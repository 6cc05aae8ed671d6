-- ===== src/Session/Sent.antt =====
-- src/session/mod.rs: the datagrams that wait for an acknowledgement, and the receipts that the
-- application asked for. The record has the fields of `Session` that this part reads and writes, also
-- to send again (Session.Retransmit). The `BTreeMap` of the sent datagrams is a list in the order of `Sequence24`, which is an order
-- as long as the numbers lie within half of the range.
pub mod Receipts
pub mod Progress
pub mod Table
pub mod Processed
mod Tests
use raknet_rust.Common.{
  ℕ, zero, suc, ◌+◌, ◌-◌, ◌^◌, Bool, true, false, not, ◌&&◌, ◌||◌, ◌==◌, ltb, if◌then◌else◌, List,
  [], ◌∷◌, ◌++◌, length, Option, none, some,
}
use raknet_rust.Common.Int.{saturating_add}
use raknet_rust.Common.Map.{lookup, insert, remove}
use raknet_rust.Common.Floats.{Floats}
use raknet_rust.Protocol.Sequence24.{Sequence24, modulo, next, lt}
use raknet_rust.Protocol.Reliability.{is_reliable, is_with_ack_receipt}
use raknet_rust.Protocol.Ack.{SequenceRange}
use raknet_rust.Protocol.Frame.{Frame, reliability_of}
use raknet_rust.Protocol.Datagram.{Datagram, DatagramPayload, frames, ack, nack}
use raknet_rust.Session.Congestion.{
  Congestion, Seconds, on_reliable_ack, observe_rtt_sample, on_nack_loss,
}

pub record TrackedDatagram : Type 0 where
  pub datagram : Datagram
  pub send_time : ℕ
  pub next_send : ℕ
  pub retries : ℕ
  pub nack_resend_pending : Bool
  pub resendable : Bool
  pub receipt_ids : List ℕ

pub record ReceiptProgress : Type 0 where
  pub acked : ℕ
  pub nacked : ℕ
  pub acked_receipt_ids : List ℕ

pub record SentMetrics : Type 0 where
  pub reliable_sent_datagrams : ℕ
  pub resent_datagrams : ℕ
  pub acked_datagrams : ℕ
  pub nacked_datagrams : ℕ

pub record Sent (F : Type 0) : Type 0 where
  pub datagram_write_index : Sequence24
  pub sent_datagrams : List (ℕ × TrackedDatagram)
  pub receipt_tracking : List (ℕ × ℕ)
  pub congestion : Congestion F
  pub metrics : SentMetrics

unfoldable pub next_datagram_sequence : {F : Type 0} → Sent F → Sent F × Sequence24
next_datagram_sequence s =
    (record s { datagram_write_index = next s.datagram_write_index }, s.datagram_write_index)

unfoldable pub insert_sent :
    Sequence24 → TrackedDatagram → List (ℕ × TrackedDatagram) → List (ℕ × TrackedDatagram)
insert_sent k v [] = (k, v) ∷ []
insert_sent k v ((j, w) ∷ m) =
    if j == k
    then (k, v) ∷ m
    else if lt k j
    then (k, v) ∷ (j, w) ∷ m
    else (j, w) ∷ insert_sent k v m

-- A write through `get_mut`.
unfoldable pub update_sent :
    Sequence24 → TrackedDatagram → List (ℕ × TrackedDatagram) → List (ℕ × TrackedDatagram)
update_sent k v [] = []
update_sent k v ((j, w) ∷ m) = if j == k then (k, v) ∷ m else (j, w) ∷ update_sent k v m

abbrev pub any_frame : (Frame → Bool) → List Frame → Bool
any_frame test [] = false
any_frame test (f ∷ fs) = test f || any_frame test fs

abbrev pub any_in : (Frame → Bool) → DatagramPayload → Bool
any_in test (frames fs) = any_frame test fs
any_in test (ack p) = false
any_in test (nack p) = false

abbrev pub has_reliable : DatagramPayload → Bool
has_reliable p = any_in (λ f. is_reliable (reliability_of f)) p

abbrev pub has_ack_receipt : DatagramPayload → Bool
has_ack_receipt p = any_in (λ f. is_with_ack_receipt (reliability_of f)) p

abbrev pub is_empty : List ℕ → Bool
is_empty [] = true
is_empty (x ∷ xs) = false

abbrev pub pending_of : List (ℕ × ℕ) → ℕ → ℕ
pending_of tracking id = elim (lookup id tracking) [ some n ↦ n | none ↦ 0 ]

-- `entry(id).or_insert(0)`, raised by 1.
unfoldable pub count_receipt : List (ℕ × ℕ) → ℕ → List (ℕ × ℕ)
count_receipt tracking id = insert id (saturating_add (pending_of tracking id) 1) tracking

unfoldable pub count_receipts : List (ℕ × ℕ) → List ℕ → List (ℕ × ℕ)
count_receipts tracking [] = tracking
count_receipts tracking (id ∷ ids) = count_receipts (count_receipt tracking id) ids

unfoldable pub count_reliable : SentMetrics → Bool → SentMetrics
count_reliable m reliable =
    if reliable
    then record m { reliable_sent_datagrams = saturating_add m.reliable_sent_datagrams 1 }
    else m

unfoldable pub track_sent_reliable_datagram : {F : Type 0} → Sent F → Datagram → ℕ → List ℕ → Sent F
track_sent_reliable_datagram s datagram now receipt_ids =
    let reliable = has_reliable datagram.payload in
    let tracked : TrackedDatagram = record {
      datagram = datagram;
      send_time = now;
      next_send = now + s.congestion.resend_rto;
      retries = 0;
      nack_resend_pending = false;
      resendable = reliable;
      receipt_ids = receipt_ids;
    } in
    if not reliable && not (has_ack_receipt datagram.payload) && is_empty receipt_ids
    then s
    else record s {
      metrics = count_reliable s.metrics reliable;
      receipt_tracking = count_receipts s.receipt_tracking receipt_ids;
      sent_datagrams = insert_sent datagram.header.sequence tracked s.sent_datagrams;
    }

-- `for_each_sequence`, on fuel: `f` at every number from `seq` to `end`, both included.
unfoldable pub for_each_sequence :
    {S : Type 0} → ℕ → (S → Sequence24 → S) → S → Sequence24 → Sequence24 → Option S
for_each_sequence zero f s seq end = none
for_each_sequence (suc fuel) f s seq end = elim (seq == end) [
  | true ↦ some (f s seq)
  | false ↦ for_each_sequence fuel f (f s seq) (next seq) end
]

unfoldable pub for_each_range :
    {S : Type 0} → (S → Sequence24 → S) → S → List SequenceRange → Option S
for_each_range f s [] = some s
for_each_range f s (r ∷ rs) = elim (for_each_sequence modulo f s r.start r.end) [
  | some s' ↦ for_each_range f s' rs
  | none ↦ none
]

-- One datagram that carries the receipt has arrived: the rest of the tracking, and the receipt if this
-- was the last.
unfoldable pub ack_receipt : List (ℕ × ℕ) → ℕ → List (ℕ × ℕ) × List ℕ
ack_receipt tracking id = elim (lookup id tracking) [
  | none ↦ (tracking, [])
  | some pending ↦
      if ltb 1 pending
      then (insert id (pending - 1) tracking, [])
      else (remove id tracking, id ∷ [])
]

unfoldable pub ack_receipts : List (ℕ × ℕ) → List ℕ → List (ℕ × ℕ) × List ℕ
ack_receipts tracking [] = (tracking, [])
ack_receipts tracking (id ∷ ids) =
    let (tracking, first) = ack_receipt tracking id in
    let (tracking, others) = ack_receipts tracking ids in (tracking, first ++ others)

abbrev pub no_progress : ReceiptProgress
no_progress = record { acked = 0; nacked = 0; acked_receipt_ids = [] }

module _ {F : Type 0} ⦃d : Floats F⦄ ⦃t : Seconds F⦄ where
  unfoldable pub observe_ack : Congestion F → TrackedDatagram → ℕ → Congestion F
  observe_ack c acked now =
      if acked.retries == 0
      then observe_rtt_sample (on_reliable_ack c) (now - acked.send_time)
      else on_reliable_ack c

  unfoldable pub ack_tracked :
      ℕ → Sent F × ReceiptProgress → Sequence24 → Option TrackedDatagram → Sent F × ReceiptProgress
  ack_tracked now (s, p) seq none = (s, p)
  ack_tracked now (s, p) seq (some acked) =
      let (tracking, ids) = ack_receipts s.receipt_tracking acked.receipt_ids in
      (
        record s {
          sent_datagrams = remove seq s.sent_datagrams;
          congestion = observe_ack s.congestion acked now;
          receipt_tracking = tracking;
        },
        record p { acked = p.acked + 1; acked_receipt_ids = p.acked_receipt_ids ++ ids },
      )

  unfoldable pub ack_sequence : ℕ → Sent F × ReceiptProgress → Sequence24 → Sent F × ReceiptProgress
  unfolding ack_tracked
  ack_sequence now (s, p) seq = ack_tracked now (s, p) seq (lookup seq s.sent_datagrams)

  unfoldable pub nack_tracked :
      ℕ → Sent F × ReceiptProgress → Sequence24 → Option TrackedDatagram → Sent F × ReceiptProgress
  nack_tracked now (s, p) seq none = (s, p)
  nack_tracked now (s, p) seq (some entry) =
      if entry.resendable && ltb now entry.next_send
      then (
        record s {
          sent_datagrams =
              update_sent seq (record entry { next_send = now; nack_resend_pending = true })
                s.sent_datagrams;
        },
        record p { nacked = p.nacked + 1 },
      )
      else (s, p)

  unfoldable pub nack_sequence :
      ℕ → Sent F × ReceiptProgress → Sequence24 → Sent F × ReceiptProgress
  unfolding nack_tracked
  nack_sequence now (s, p) seq = nack_tracked now (s, p) seq (lookup seq s.sent_datagrams)

  unfoldable pub count_acked : Sent F → ℕ → Sent F
  count_acked s n = record s {
    metrics = record s.metrics { acked_datagrams = saturating_add s.metrics.acked_datagrams n };
  }

  unfoldable pub count_nacked : Sent F → ℕ → ℕ → Sent F
  count_nacked s n now = record s {
    congestion = if ltb 0 n then on_nack_loss s.congestion now else s.congestion;
    metrics = record s.metrics { nacked_datagrams = saturating_add s.metrics.nacked_datagrams n };
  }

  unfoldable pub process_nacks :
      Sent F × ReceiptProgress → List SequenceRange → ℕ → Option (Sent F × ReceiptProgress)
  process_nacks (s, p) nacks now =
      elim (for_each_range (nack_sequence now) (count_acked s p.acked, p) nacks) [
        | some (s, p) ↦ some (count_nacked s p.nacked now, p)
        | none ↦ none
      ]

  -- The ranges are those of the queues `incoming_acks` and `incoming_nacks`, which it empties. `none`
  -- stands for a loop that does not end within the sequence numbers.
  unfoldable pub process_receipts :
      Sent F → List SequenceRange → List SequenceRange → ℕ → Option (Sent F × ReceiptProgress)
  unfolding process_nacks
  process_receipts s acks nacks now =
      elim (for_each_range (ack_sequence now) (s, no_progress) acks) [
        | some r ↦ process_nacks r nacks now
        | none ↦ none
      ]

------------------------------------

> [PROBLEM STATEMENT] Out of the preceding entries, pull every line containing the string "abbrev".

> [RESULT]
abbrev pub any_frame : (Frame → Bool) → List Frame → Bool
abbrev pub any_in : (Frame → Bool) → DatagramPayload → Bool
abbrev pub has_reliable : DatagramPayload → Bool
abbrev pub has_ack_receipt : DatagramPayload → Bool
abbrev pub is_empty : List ℕ → Bool
abbrev pub pending_of : List (ℕ × ℕ) → ℕ → ℕ
abbrev pub no_progress : ReceiptProgress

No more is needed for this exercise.